There was a lump in her throat, and she wasn't sure why.

He stared at the crown for a long time. He stared while fuzzy cheerleader shapes unfurled a big paper sign:
MERIDIAN HOMECOMING, GO FIGHT WIN
! He stared while Nick Braden tripped while running back onto the field and the rest of the team went down on top of him. He stared while the crowd booed. He stared while the football coach finally lost his temper and began to scream at the court to “Get your asses off the field!” and the team to “Get your asses together!”
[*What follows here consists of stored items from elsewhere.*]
-- ===== src/Store/Sos/Versions.antt =====
-- store/sos.py: the version chain after a write of the content that a path already has.
use data_py_os.Base.{
  ℕ, zero, suc, ◌≡◌, refl, ap, ◌∙◌, inl, inr, true, false, Option, none, some, List, [], ◌||◌,
  arith, Option-cases,
}
use data_py_os.Base.Eq.{◌==◌, text_eq, text_beq_iff, Text, chars}
use data_py_os.Base.Dict.{Dict, lookup}
use data_py_os.Store.Paths.{parent_of}
use data_py_os.Store.Lru
use data_py_os.Store.Lru.{LruDict}
use data_py_os.Store.Lru.Order.{entry}
use data_py_os.Store.Lru.Laws.{get_lem, entry-set_self}
use data_py_os.Store.Sos.Types.{Host, Content, SObject, Sos, to_bytes, oid_of}
use data_py_os.Store.Sos.Objects.{
  get, fetch, Draft, store, put_object, build, get_parent, next_version,
}
use data_py_os.Store.Sos.Aliases.{resolve, find_path, alias}
use data_py_os.Store.Sos.Files.{write, file_draft}
use data_py_os.Store.Sos.History.{walk, visit, history}
use data_py_os.Store.Sos.Coherent.{Coherent, target, resolve-Reads}
use data_py_os.Store.Sos.RoundTrip.{write-Writes}
use data_py_os.Store.Sos.Storing.{NoCollision}
use data_py_os.Store.Sos.Writing.{EmptyAlone}

obj_cache-find_path :
    (path : Text) (r : Option Text × LruDict Text Text) (s : Sos)
    → (find_path path r s).1.obj_cache ≡ s.obj_cache
unfolding find_path
obj_cache-find_path path (some oid, c) s = refl
obj_cache-find_path path (none, c) s = elim (Option-cases (lookup path s.aliases)) [
  | inl e ↦ rw e
  | inr (a, e) ↦ rw e
]

-- `resolve` does not touch the cache of objects.
pub obj_cache-resolve : (path : Text) (s : Sos) → (resolve path s).1.obj_cache ≡ s.obj_cache
unfolding resolve
obj_cache-resolve path s = obj_cache-find_path path (Lru.get path s.path_cache) s

-- A cached object is what `get` returns, and it stays cached.
get_cached :
    (oid : Text) (obj : SObject) (s : Sos)
    → entry oid s.obj_cache ≡ some obj
    → ((get oid s).0 ≡ some obj) × (entry oid (get oid s).1.obj_cache ≡ some obj)
unfolding get fetch
get_cached oid obj s e =
    let (answer, same) = get_lem oid s.obj_cache in
    let hit = answer ∙ e in rw (hit, fetch) (refl, ap (lookup oid) same ∙ e)

-- An object that is its own parent is walked for ever.
walk_self :
    (fuel : ℕ) (oid : Text) (obj : SObject) (s : Sos)
    → entry oid s.obj_cache ≡ some obj
    → obj.parent_oid ≡ some oid
    → (walk fuel (some oid) s).0 ≡ none
unfolding walk
walk_self zero oid obj s e self = refl
walk_self (suc fuel) oid obj s e self =
    let (found, stays) = get_cached oid obj s e in
    rw (found, visit) (rw self (rw (walk_self fuel oid obj (get oid s).1 stays self)))

module _ ⦃h : Host⦄ where
  entry-store :
      (d : Draft) (s : Sos)
      → entry (oid_of d.content) (store d s).1.obj_cache
        ≡ some (build (oid_of d.content) d (next_version (get_parent d.parent_oid s).0))
  unfolding store put_object
  entry-store d s = entry-set_self (oid_of d.content) _ (get_parent d.parent_oid s).1.obj_cache

  -- on a flat path no directory is made
  pub write_flat :
      (now : ℕ) (path : Text) (c : Content) (kind : Text) (meta : Dict Text Text) (tags : List Text)
      (s : Sos)
      → parent_of path ≡ path
      → (write now path c kind meta tags s).1 ≡ (
          let d = file_draft now path c kind meta tags (resolve path s).0 in
          alias path (store d (resolve path s).1).0 false (store d (resolve path s).1).1)
  unfolding write
  write_flat now path c kind meta tags s flat =
      let same : (parent_of path == [] || parent_of path == path) ≡ true =
        ground (arith, flat, text_beq_iff (parent_of path) path) in
      rw same

  -- the object that is cached after the same content is written again
  rewritten :
      (now : ℕ) (path : Text) (c : Content) (kind : Text) (meta : Dict Text Text) (tags : List Text)
      (s : Sos)
      → Coherent s
      → parent_of path ≡ path
      → target path s ≡ some (oid_of (to_bytes c))
      → (obj : SObject) × (entry
            (oid_of (to_bytes c))
            (write now path c kind meta tags s).1.obj_cache
          ≡ some obj)
        × (obj.parent_oid ≡ some (oid_of (to_bytes c)))
  rewritten now path c kind meta tags s k flat at =
      let d = file_draft now path c kind meta tags (resolve path s).0 in
      let s1 = (resolve path s).1 in
      (
        build (oid_of d.content) d (next_version (get_parent d.parent_oid s1).0),
        rw (write_flat now path c kind meta tags s flat) (unfold alias in entry-store d s1),
        (resolve-Reads path s k).0 ∙ at,
      )

  -- In a coherent store, where the content collides with no other and only the empty content has its
  -- OID: writing to a flat path, with a kind that is not a directory, the content that it already stands for makes the stored object its own
  -- parent: no amount of steps ends the loop of `history` afterwards.
  pub history_endless :
      (alone : EmptyAlone) (fuel now : ℕ) (path : Text) (c : Content) (kind : Text)
      (meta : Dict Text Text) (tags : List Text) (s : Sos)
      → Coherent s
      → parent_of path ≡ path
      → target path s ≡ some (oid_of (to_bytes c))
      → NoCollision (to_bytes c) s
      → (kind == chars "dir") ≡ false
      → (history fuel path (write now path c kind meta tags s).1).0 ≡ none
  unfolding history
  history_endless alone fuel now path c kind meta tags s k flat at free file =
      let oid = oid_of (to_bytes c) in
      let w = write-Writes alone now path c kind meta tags s k free file in
      let t = (write now path c kind meta tags s).1 in
      let (obj, is, self) = rewritten now path c kind meta tags s k flat at in
      rw ((resolve-Reads path t w.coherent).0 ∙ w.at) (
        walk_self fuel oid obj (resolve path t).1 (ap (entry oid) (obj_cache-resolve path t) ∙ is)
          self)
It was killing her, his silence. She took a breath to break it wide open, and then he finally looked up.

Here Liz was supposed to say something, something horrible, and smile to show all of her teeth, but the only word she could remember was his name. She tried to say it. She couldn't.

After a moment, he took the crown from her hands, dropped his own shoebox at her feet, and walked off the field.

Liz stared after him, her throat closed and her eyes strangely full, and then she looked down. The lid had fallen aside when the box hit the ground, and she could see the tip of a crown.

It was beautiful, and suddenly, she knew. That's why he came. To give her the crown.

The mud splattered her knees as she dropped down beside the shoebox—it was cold, and the coldness spread. She reached for the crown, pushed the tissue paper aside. Wire and gold leaf and metallic spray paint, twisted and braided and looped. It looked impossible, and she touched the edges to make sure it wasn't.

She spun around. “Liam!”

There was no answer.

“You,” the football coach roared, marching toward her. “You have three seconds to get your ass off the field, or I will
carry it off
.”

Later, Meridian would lose the game 49-2, and Liz Emerson would slip away from Kennie and Julia to run all around the football field in search of Liam to say . . . something. She didn't know. Anything. Everything.

But while she was pushing people away and peeling them apart, she saw a ziplock bag sticking out of a stranger's pocket, and she took it because she was too tired to keep looking.